A second key observation was that patients with nfvPPA and stroke showed similar patterns of performance for the CVC language. All groups were able to correctly classify the grammatical testing sequences as consistent with the exemplary sequences heard during exposure, and this ability fully generalised from the exposure set to the novel sequences not heard during exposure (Table 2; Fig. 3A). While there was a group difference, with performance in the stroke group being poorer on the CVC task, this effect disappeared when overall aphasia severity was accounted for. This novel result in agrammatic patients with primary progressive aphasia provides the evidence to suggest that existing findings on stroke patients should prove applicable to the progressive aphasias.
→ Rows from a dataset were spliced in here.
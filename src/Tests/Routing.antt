-- ===== src/Tests/Routing.antt =====
-- The theorem on the configuration of a file, at one with a mock that is kept and one that is not.
use mocko.Base.{
  ◌≡◌, refl, Text, txt, true, Option, none, some, List, [], ◌∷◌, is_empty, text_eq, if◌then◌else◌,
}
use mocko.Base.Dict
use mocko.Base.Dict.{Dict}
use mocko.Base.Result.{Result, ok, err}
use mocko.Definitions.Data.{array, Mock, Host, Callback, MockoDefinition}
use mocko.Definitions.Stanzas.{
  Attribute, missing, text, ConfigError, MockCandidate, HostCandidate, CallbackCandidate, Config,
}
use mocko.Definitions.Config.{definition_from_config}
use mocko.Definitions.Config.Accounts.{IsAccounted, definition_from_config-IsAccounted}

abbrev Block : Type 0
Block = Dict Text Text

attribute : Block → Text → Attribute Block
unfolding Dict.get text_eq
attribute block name = elim (Dict.get name block) [ none ↦ missing | some t ↦ text t ]

-- schemas that ask for a path, and refuse every host and callback
abbrev mock_schema : MockCandidate Block → Result Text Mock
mock_schema candidate =
    if is_empty candidate.path
    then err (txt "path")
    else ok (record {
      id = none;
      name = none;
      source = none;
      file_path = none;
      is_enabled = true;
      method = candidate.method;
      path = candidate.path;
      parse = true;
      format = none;
      host = none;
      labels = [];
      response = record { code = 200; delay = none; body = []; headers = [] };
    })

abbrev host_schema : HostCandidate Block → Result Text Host
host_schema candidate = err (txt "host")

abbrev callback_schema : CallbackCandidate Block → Result Text Callback
callback_schema candidate = err (txt "callback")

abbrev parse_template : Text → Option Text
parse_template template = none

abbrev two_mocks : Config Block
two_mocks = record {
  mock =
      ((txt "get /a", array (((txt "name", txt "first") ∷ []) ∷ []))
        ∷ (txt "GET", array ([] ∷ []))
        ∷ [])
      ∷ [];
  data_blocks = none;
  host = [];
  callback = ((txt "paid", array ([] ∷ [])) ∷ []) ∷ [];
}

definition_from_config-IsAccounted_example :
    (definition : MockoDefinition Block) × ((mock_errors : List ConfigError) × ((host_errors : List
          ConfigError)
        × ((callback_errors : List ConfigError) × ((definition_from_config attribute mock_schema
                  host_schema callback_schema parse_template true true two_mocks
                ≡ ok (definition, (mock_errors, (host_errors, callback_errors))))
              × IsAccounted attribute mock_schema host_schema callback_schema parse_template
                  two_mocks definition mock_errors host_errors callback_errors))))
unfolding Dict.get
definition_from_config-IsAccounted_example =
    definition_from_config-IsAccounted attribute mock_schema host_schema callback_schema
      parse_template two_mocks ((((_, refl), ((_, refl), tt))), tt) tt tt ((refl, tt), tt)
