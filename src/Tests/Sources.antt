-- ===== src/Tests/Sources.antt =====
-- The theorem on the purge of a V1 database, at one with a flag, a failure and the definitions.
use mocko.Base.{
  ℕ, ◌+◌, ◌≡◌, refl, Text, txt, Bool, true, false, not, ◌&&◌, some, List, [], ◌∷◌, ◌++◌, arith,
  length, contains, text_eq, ◌==◌,
}
use native.Mathlib.Decide.{ℕ_discrete}
use mocko.Base.{nat_eq}
use mocko.Redis.Reference.{keyspace}
use mocko.Control.Scan.{Iteration, last}
use mocko.Control.FlagList.Agreement.{join}
use mocko.Control.V1Purge.{definition_keys, count_existing, scan_v1_purge, execute_v1_purge}
use mocko.Control.V1Purge.Deleted.{execute_v1_purge_lem}

abbrev flags : List (List Text)
flags = (txt "m:flags:a" ∷ []) ∷ []

abbrev failures : List (List Text)
failures = (txt "m:mock_failure:1" ∷ []) ∷ []

abbrev page_of : Bool → List Text
page_of true = txt "m:flags:a" ∷ []
page_of false = txt "m:mock_failure:1" ∷ []

abbrev scan : Text → ℕ → Text → Text × List Text
scan prefix call cursor = (txt "0", page_of (length prefix == 6))

abbrev source : List Text
source = txt "m:workspace_mocks" ∷ txt "m:flags:a" ∷ txt "m:mock_failure:1" ∷ txt "other" ∷ []

flags-Iteration : Iteration (scan (txt "flags:")) 0 (txt "0") flags
unfolding nat_eq ℕ_discrete
flags-Iteration = last refl

failures-Iteration : Iteration (scan (txt "mock_failure:")) 0 (txt "0") failures
unfolding nat_eq ℕ_discrete
failures-Iteration = last refl

execute_v1_purge_lem_example :
    (m : ℕ) × (s' : List Text) × (execute_v1_purge keyspace scan 1 (txt "m:") source ≡ some (m, s'))
    × ((k : Text)
        → keyspace.exists k s' ≡ (
            keyspace.exists k source
            && not (contains (definition_keys (txt "m:") ++ (join flags ++ join failures)) k)))
    × (m + keyspace.size s' ≡ keyspace.size source)
    × (scan_v1_purge keyspace scan 1 (txt "m:") source
        ≡ some (
            count_existing keyspace (definition_keys (txt "m:")) source
            + length (join flags)
            + length (join failures)))
execute_v1_purge_lem_example =
    execute_v1_purge_lem keyspace scan 1 (txt "m:") flags failures source flags-Iteration
      failures-Iteration (omega arith) (omega arith)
The lack of an effect of rule type for the oddball task confirms that the pattern of performance for the CVC language cannot be explained by stimulus-level differences such as the position of the violation within the sequence. The lack of a statistical group difference in the ability to detect oddball CVCs, a task performed at the end of the testing session, suggests that the patients’ impairments in this study are not solely due to generic difficulties with performing psychophysical sequence processing tasks, latent yes/no confusion, difficulties with basic auditory processing or differential effects of fatigue between groups.

The only consistent group difference not accounted for by severity was that patients with nfvPPA performed more poorly than those with stroke on the tone based language. There are a number of possible reasons for this. It might be a consequence of the tone language being more affected by the basic auditory sequence processing deficits previously demonstrated in nfvPPA (Goll et al., 2010, Grube et al., 2016). Alternatively, it might reflect involvement of the right IFC, which was spared in the stroke group (Fig. 1B), and is posited to have a role in prosodic and tonality based judgments. Nonetheless, patients with nfvPPA maintained the same pattern of learning as the other groups (Fig. 4), demonstrating that this deficit is a specific difficulty with processing tonal input rather than a breakdown of the separation of phonological vs tonal structured sequence processing.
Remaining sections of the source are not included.